Only lines holding the string "ProviderReceipt" are wanted; copy each one from the material.

-- Available data follows --

-- ===== src/Capability/Runs.antt =====
-- Runs of the choice of capabilities, and its theorems at a concrete registry.
use ag_infer.Prelude.{
  ℕ, ◌+◌, ◌≡◌, refl, String, true, false, none, List, [], ◌∷◌, ◌++◌, ok, err, validation_error,
  length, replicate, all_of, list_eq, filter_by, sorted, insert_sorted, sum_by,
}
use Prim.Native.String.{len}
use mathlib.Core.List.{Permᴰ}
use ag_infer.Prelude.Bytes.{to_hex, from_hex}
use ag_infer.Schedule.{static, bool, float, TensorSignature, item}
use ag_infer.Inventory.{
  LoweringKind, RequirementStatus, InventoryOp, LoweringInventory, is_one_of, classify_conv2d,
  classify, needs,
}
use ag_infer.Command.{CudaArch, sm120, checks}
use ag_infer.Capability.{
  ProviderCapability, ProviderReceipt, ResolutionIssue, ProviderResolution, IssueKind, check_text,
  strictly_sorted, check_capability, float_is, same_float, attribute_eq, dims_eq, types_eq,
  attributes_eq, matches, exact_for, digest_leb, has_digest, all_distinct, issue_of, receipt_of,
  ordered_by_digest, answer_required, answer_as, answer_all, resolve_provider_capabilities,
}
use ag_infer.Capability.Classes.{IsClassified, classify-IsClassified}
use ag_infer.Capability.Answers.{
  Answers, runtime_executions, resolve_provider_capabilities-Answers,
  resolve_provider_capabilities_executions,
}
use ag_infer.Capability.Registry.{resolve_provider_capabilities-Permᴰ}

computed : Unit {0}
unfolding checks to_hex from_hex all_of list_eq filter_by sorted insert_sorted item is_one_of
    classify_conv2d classify check_text strictly_sorted check_capability float_is same_float
    attribute_eq dims_eq types_eq attributes_eq matches exact_for digest_leb has_digest all_distinct
    issue_of receipt_of ordered_by_digest answer_required answer_as answer_all
    resolve_provider_capabilities
computed = tt

abbrev tensor : TensorSignature
tensor = record { dtype = "f32"; shape = static 4 ∷ []; layout = "row_major"; device = "cuda" }

added : classify "add" [] (tensor ∷ tensor ∷ []) (tensor ∷ []) ≡ ok (needs LoweringKind.aot_cuda)
unfolding computed
added = refl

classify-IsClassified_example :
    IsClassified ((tensor ∷ tensor ∷ []) ++ (tensor ∷ [])) (needs LoweringKind.aot_cuda)
classify-IsClassified_example =
    classify-IsClassified "add" [] (tensor ∷ tensor ∷ []) (tensor ∷ [])
      (needs LoweringKind.aot_cuda) added

-- The bits of 1.0
float_is_one : attribute_eq (float 4607182418800017408) (bool true) ≡ true
unfolding computed
float_is_one = refl

nul_refused : check_text "a\0b" ≡ err validation_error
unfolding computed
nul_refused = refl

one_byte : len "\0" ≡ 1
one_byte = refl

abbrev op : ℕ → String → LoweringKind → RequirementStatus → InventoryOp
op index opcode kind status = record {
  function = "main";
  op_index = index;
  opcode = opcode;
  executions = 10;
  lowering_kind = kind;
  status = status;
  inputs = "%0" ∷ [];
  outputs = "%1" ∷ [];
  input_types = tensor ∷ [];
  output_types = tensor ∷ [];
  attributes = [];
  constant_identity = none;
  blocker = none;
}

abbrev inventory : LoweringInventory
inventory = record {
  program_sha256 = "p";
  entry = "main";
  function_invocations = ("main", 10) ∷ [];
  ops =
      op 0 "constant" LoweringKind.builtin_meta RequirementStatus.meta
      ∷ op 1 "gelu" LoweringKind.aot_cuda RequirementStatus.required
      ∷ op 2 "relu" LoweringKind.aot_cuda RequirementStatus.required
      ∷ op 3 "odd" LoweringKind.blocked RequirementStatus.blocked
      ∷ [];
  execution_order = [];
}

-- Sixty-four times the character `1`.
abbrev text : List ℕ
text = replicate 64 49

abbrev capability : ℕ → String → ProviderCapability
capability id opcode = record {
  provider_id = id;
  abi_major = 1;
  abi_minor = 0;
  provider_version = "1";
  implementation_id = "kernel";
  implementation_digest = text;
  target_arch = sm120;
  lowering_kind = LoweringKind.aot_cuda;
  opcode = opcode;
  input_types = tensor ∷ [];
  output_types = tensor ∷ [];
  attributes = [];
  supports_capture = true;
  workspace_bytes = 0;
}

capability_built :
    exact_for
      (op 1 "gelu" LoweringKind.aot_cuda RequirementStatus.required)
      2
      1
      0
      "1"
      "kernel"
      text
      sm120
      true
      0
    ≡ ok (capability 2 "gelu")
unfolding computed
capability_built = refl

-- In place of SHA-256.
abbrev digest : ProviderCapability → List ℕ
digest c = c.provider_id ∷ []

abbrev detail : InventoryOp → CudaArch → String
detail op target_arch = "missing"

abbrev inventory_digest : LoweringInventory → List ℕ
inventory_digest i = 7 ∷ []

abbrev registry : List ProviderCapability
registry = capability 4 "relu" ∷ capability 3 "relu" ∷ capability 2 "gelu" ∷ []

abbrev issue : ℕ → String → IssueKind → String → List (List ℕ) → ResolutionIssue
issue index opcode kind detail candidates = record {
  site = ("main", index);
  opcode = opcode;
  executions = 10;
  kind = kind;
  detail = detail;
  candidates = candidates;
}

-- One operation has its capability, another one has two, and the third is blocked.
abbrev resolution : ProviderResolution
resolution = record {
  inventory_sha256 = 7 ∷ [];
  program_sha256 = "p";
  target_arch = sm120;
  receipts =
      record {
        site = ("main", 1);
        executions = 10;
        capability_digest = 2 ∷ [];
        provider_id = 2;
        abi_major = 1;
        abi_minor = 0;
        provider_version = "1";
        implementation_id = "kernel";
        implementation_digest = text;
        supports_capture = true;
        workspace_bytes = 0;
      }
      ∷ [];
  issues =
      issue 2 "relu" IssueKind.ambiguous "multiple exact provider capabilities match"
        ((3 ∷ []) ∷ (4 ∷ []) ∷ [])
      ∷ issue 3 "odd" IssueKind.inventory_blocked "inventory site is blocked" []
      ∷ [];
}

resolved :
    resolve_provider_capabilities digest detail inventory_digest inventory registry sm120 false
    ≡ ok resolution
unfolding computed
resolved = refl

strict_refused :
    resolve_provider_capabilities digest detail inventory_digest inventory registry sm120 true
    ≡ err validation_error
unfolding computed
strict_refused = refl

resolve_provider_capabilities-Answers_example :
    Answers digest registry sm120 inventory.ops resolution.receipts resolution.issues
    × (false ≡ true → length resolution.issues ≡ 0)
resolve_provider_capabilities-Answers_example =
    resolve_provider_capabilities-Answers digest detail inventory_digest inventory registry sm120
      false resolution resolved

resolve_provider_capabilities_executions_example :
    sum_by (λ (x : ProviderReceipt). x.executions) resolution.receipts
      + sum_by (λ (x : ResolutionIssue). x.executions) resolution.issues
    ≡ sum_by runtime_executions inventory.ops
resolve_provider_capabilities_executions_example =
    resolve_provider_capabilities_executions digest detail inventory_digest inventory registry sm120
      false resolution resolved

abbrev reordered : List ProviderCapability
reordered = capability 3 "relu" ∷ capability 4 "relu" ∷ capability 2 "gelu" ∷ []

registry-Permᴰ : Permᴰ registry reordered
registry-Permᴰ = Permᴰ.swap refl refl

resolve_provider_capabilities-Permᴰ_example :
    resolve_provider_capabilities digest detail inventory_digest inventory registry sm120 false
    ≡ resolve_provider_capabilities digest detail inventory_digest inventory reordered sm120 false
resolve_provider_capabilities-Permᴰ_example =
    resolve_provider_capabilities-Permᴰ digest detail inventory_digest inventory registry reordered
      sm120 false registry-Permᴰ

-- Available data concluded --

▶ **Answer section**:
  ProviderCapability, ProviderReceipt, ResolutionIssue, ProviderResolution, IssueKind, check_text,
    sum_by (λ (x : ProviderReceipt). x.executions) resolution.receipts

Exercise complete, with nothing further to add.